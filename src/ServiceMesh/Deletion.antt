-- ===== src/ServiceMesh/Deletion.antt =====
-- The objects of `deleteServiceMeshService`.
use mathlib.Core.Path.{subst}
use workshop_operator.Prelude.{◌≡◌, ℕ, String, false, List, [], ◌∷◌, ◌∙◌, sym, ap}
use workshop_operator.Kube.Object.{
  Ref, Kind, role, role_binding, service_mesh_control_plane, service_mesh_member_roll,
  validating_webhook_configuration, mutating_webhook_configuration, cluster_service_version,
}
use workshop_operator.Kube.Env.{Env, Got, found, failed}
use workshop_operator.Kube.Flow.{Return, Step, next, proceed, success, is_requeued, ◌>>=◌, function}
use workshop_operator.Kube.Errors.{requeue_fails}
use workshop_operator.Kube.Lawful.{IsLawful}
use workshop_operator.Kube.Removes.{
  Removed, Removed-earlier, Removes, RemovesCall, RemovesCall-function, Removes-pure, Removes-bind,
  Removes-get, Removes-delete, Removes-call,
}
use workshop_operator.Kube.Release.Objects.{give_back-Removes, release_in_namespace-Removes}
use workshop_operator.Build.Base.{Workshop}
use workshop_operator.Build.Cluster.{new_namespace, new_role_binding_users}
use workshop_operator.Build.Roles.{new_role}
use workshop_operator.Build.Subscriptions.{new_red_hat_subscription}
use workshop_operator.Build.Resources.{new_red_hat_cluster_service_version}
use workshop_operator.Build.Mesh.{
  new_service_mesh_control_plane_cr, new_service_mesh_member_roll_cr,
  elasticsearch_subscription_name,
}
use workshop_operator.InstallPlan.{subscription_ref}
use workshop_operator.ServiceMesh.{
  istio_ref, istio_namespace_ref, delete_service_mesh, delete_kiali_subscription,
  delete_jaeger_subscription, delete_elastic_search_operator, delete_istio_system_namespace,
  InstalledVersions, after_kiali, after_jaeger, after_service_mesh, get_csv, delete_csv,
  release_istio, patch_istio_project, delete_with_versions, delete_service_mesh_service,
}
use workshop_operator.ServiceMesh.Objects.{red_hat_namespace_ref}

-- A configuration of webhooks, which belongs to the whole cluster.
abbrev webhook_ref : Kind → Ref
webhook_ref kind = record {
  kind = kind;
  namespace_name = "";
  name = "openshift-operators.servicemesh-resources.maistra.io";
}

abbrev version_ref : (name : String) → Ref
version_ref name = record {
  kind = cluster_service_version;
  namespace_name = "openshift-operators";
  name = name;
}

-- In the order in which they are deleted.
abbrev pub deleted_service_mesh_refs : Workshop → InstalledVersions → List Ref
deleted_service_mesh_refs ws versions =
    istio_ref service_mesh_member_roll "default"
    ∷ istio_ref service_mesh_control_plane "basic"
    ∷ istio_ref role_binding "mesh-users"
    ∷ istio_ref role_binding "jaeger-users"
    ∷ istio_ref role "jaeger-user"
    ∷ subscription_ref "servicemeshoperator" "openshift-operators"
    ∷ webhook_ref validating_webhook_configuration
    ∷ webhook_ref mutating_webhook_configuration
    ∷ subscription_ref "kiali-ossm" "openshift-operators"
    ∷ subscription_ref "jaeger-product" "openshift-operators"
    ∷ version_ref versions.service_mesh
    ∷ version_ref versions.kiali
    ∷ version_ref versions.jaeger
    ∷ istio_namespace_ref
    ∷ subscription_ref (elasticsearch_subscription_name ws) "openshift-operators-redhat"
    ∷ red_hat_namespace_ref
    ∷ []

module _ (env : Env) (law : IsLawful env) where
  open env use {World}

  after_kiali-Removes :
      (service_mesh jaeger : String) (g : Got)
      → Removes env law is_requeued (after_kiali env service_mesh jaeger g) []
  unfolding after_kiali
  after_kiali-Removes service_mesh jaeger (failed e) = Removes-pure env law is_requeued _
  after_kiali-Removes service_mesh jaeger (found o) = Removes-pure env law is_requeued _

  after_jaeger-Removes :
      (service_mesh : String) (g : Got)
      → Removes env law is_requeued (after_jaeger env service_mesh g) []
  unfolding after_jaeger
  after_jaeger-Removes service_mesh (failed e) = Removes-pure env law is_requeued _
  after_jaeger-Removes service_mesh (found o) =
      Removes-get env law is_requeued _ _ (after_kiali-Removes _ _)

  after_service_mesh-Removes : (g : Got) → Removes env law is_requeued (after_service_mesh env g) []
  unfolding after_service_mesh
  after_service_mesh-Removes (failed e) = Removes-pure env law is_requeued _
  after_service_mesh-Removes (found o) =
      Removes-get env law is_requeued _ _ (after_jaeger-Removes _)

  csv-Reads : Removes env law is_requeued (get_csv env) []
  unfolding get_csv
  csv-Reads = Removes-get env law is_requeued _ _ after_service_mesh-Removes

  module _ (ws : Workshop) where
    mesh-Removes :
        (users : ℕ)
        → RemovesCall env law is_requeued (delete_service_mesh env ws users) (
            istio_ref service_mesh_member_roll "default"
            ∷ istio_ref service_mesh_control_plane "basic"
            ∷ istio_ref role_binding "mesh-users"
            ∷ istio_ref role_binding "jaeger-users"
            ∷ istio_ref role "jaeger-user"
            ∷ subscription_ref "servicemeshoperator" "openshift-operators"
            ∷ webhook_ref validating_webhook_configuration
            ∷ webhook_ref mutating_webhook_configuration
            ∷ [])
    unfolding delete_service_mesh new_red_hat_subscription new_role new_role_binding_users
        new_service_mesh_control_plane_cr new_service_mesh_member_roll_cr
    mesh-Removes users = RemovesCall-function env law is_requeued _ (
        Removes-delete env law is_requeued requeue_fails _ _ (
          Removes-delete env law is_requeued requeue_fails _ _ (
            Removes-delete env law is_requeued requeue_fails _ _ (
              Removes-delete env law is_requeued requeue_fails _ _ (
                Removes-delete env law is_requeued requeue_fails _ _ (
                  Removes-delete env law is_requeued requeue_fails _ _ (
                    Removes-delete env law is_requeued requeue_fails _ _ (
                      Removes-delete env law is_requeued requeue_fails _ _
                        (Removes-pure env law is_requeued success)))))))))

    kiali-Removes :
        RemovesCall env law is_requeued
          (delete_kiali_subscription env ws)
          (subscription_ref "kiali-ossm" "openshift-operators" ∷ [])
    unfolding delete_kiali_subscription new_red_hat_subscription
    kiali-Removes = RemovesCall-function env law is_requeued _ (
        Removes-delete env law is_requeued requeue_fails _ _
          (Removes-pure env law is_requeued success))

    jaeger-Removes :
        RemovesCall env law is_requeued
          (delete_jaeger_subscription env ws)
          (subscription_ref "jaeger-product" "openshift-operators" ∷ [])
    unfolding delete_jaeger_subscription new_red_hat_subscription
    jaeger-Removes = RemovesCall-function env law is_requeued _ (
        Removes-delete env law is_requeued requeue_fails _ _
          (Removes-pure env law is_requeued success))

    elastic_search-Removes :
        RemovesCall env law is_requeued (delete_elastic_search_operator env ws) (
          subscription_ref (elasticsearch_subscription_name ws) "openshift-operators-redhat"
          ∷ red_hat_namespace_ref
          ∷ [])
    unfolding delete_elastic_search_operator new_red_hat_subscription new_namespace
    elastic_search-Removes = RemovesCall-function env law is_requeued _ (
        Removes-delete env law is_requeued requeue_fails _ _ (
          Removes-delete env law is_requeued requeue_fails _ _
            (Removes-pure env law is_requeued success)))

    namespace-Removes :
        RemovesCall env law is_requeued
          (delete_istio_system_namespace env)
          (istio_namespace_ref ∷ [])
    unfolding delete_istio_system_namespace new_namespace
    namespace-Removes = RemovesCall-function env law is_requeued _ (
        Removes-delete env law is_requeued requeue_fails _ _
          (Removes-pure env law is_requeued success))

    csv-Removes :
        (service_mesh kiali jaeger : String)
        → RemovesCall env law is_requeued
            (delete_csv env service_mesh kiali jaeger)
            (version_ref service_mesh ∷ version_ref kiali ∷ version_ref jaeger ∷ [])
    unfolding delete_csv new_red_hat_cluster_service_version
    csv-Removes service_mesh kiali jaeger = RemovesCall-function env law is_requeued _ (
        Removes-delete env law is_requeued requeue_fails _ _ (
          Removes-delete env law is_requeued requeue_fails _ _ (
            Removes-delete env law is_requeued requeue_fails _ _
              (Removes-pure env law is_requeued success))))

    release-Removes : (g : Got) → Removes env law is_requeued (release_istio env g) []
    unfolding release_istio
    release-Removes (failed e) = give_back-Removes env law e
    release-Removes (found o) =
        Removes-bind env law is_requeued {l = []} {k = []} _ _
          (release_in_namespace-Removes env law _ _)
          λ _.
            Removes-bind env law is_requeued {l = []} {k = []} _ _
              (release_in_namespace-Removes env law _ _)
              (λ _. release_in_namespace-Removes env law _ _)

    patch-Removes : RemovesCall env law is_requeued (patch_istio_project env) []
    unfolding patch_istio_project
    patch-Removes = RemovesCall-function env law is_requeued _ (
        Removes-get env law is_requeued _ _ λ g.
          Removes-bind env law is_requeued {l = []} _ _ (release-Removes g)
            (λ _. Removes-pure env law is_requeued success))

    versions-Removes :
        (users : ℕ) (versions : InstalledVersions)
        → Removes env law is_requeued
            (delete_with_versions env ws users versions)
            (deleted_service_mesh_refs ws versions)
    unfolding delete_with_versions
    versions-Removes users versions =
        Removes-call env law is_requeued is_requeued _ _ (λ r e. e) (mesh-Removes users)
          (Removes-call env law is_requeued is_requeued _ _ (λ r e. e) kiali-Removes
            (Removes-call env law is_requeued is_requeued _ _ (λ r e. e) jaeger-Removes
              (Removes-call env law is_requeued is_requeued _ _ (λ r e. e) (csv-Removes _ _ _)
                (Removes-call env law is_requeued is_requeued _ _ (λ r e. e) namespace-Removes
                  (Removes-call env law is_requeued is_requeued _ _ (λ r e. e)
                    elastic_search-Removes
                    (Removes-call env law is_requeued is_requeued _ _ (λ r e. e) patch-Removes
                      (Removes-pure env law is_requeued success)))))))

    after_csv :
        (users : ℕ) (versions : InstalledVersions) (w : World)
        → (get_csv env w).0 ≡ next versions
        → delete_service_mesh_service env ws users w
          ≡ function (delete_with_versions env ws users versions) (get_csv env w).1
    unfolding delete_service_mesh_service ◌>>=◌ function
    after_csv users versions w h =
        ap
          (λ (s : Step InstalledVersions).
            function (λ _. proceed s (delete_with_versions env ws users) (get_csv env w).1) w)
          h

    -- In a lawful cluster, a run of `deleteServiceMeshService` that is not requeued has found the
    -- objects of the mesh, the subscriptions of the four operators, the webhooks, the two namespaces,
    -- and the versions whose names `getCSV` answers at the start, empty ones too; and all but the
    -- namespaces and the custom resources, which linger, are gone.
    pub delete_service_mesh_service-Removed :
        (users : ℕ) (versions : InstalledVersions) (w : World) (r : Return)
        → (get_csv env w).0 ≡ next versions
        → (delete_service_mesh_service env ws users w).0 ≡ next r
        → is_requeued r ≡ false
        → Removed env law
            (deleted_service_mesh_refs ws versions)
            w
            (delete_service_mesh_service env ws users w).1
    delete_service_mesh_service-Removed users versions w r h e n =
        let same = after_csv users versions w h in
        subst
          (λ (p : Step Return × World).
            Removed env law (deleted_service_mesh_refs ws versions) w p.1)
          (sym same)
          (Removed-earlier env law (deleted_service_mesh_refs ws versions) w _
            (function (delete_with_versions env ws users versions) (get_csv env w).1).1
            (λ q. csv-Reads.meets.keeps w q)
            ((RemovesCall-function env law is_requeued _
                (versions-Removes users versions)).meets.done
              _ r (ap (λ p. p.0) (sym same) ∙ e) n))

-.-.-

**Goal of the exercise**:
Please give the number of lines in the data above that hold "servicemeshoperator", and write nothing else.

**Exercise result**:
2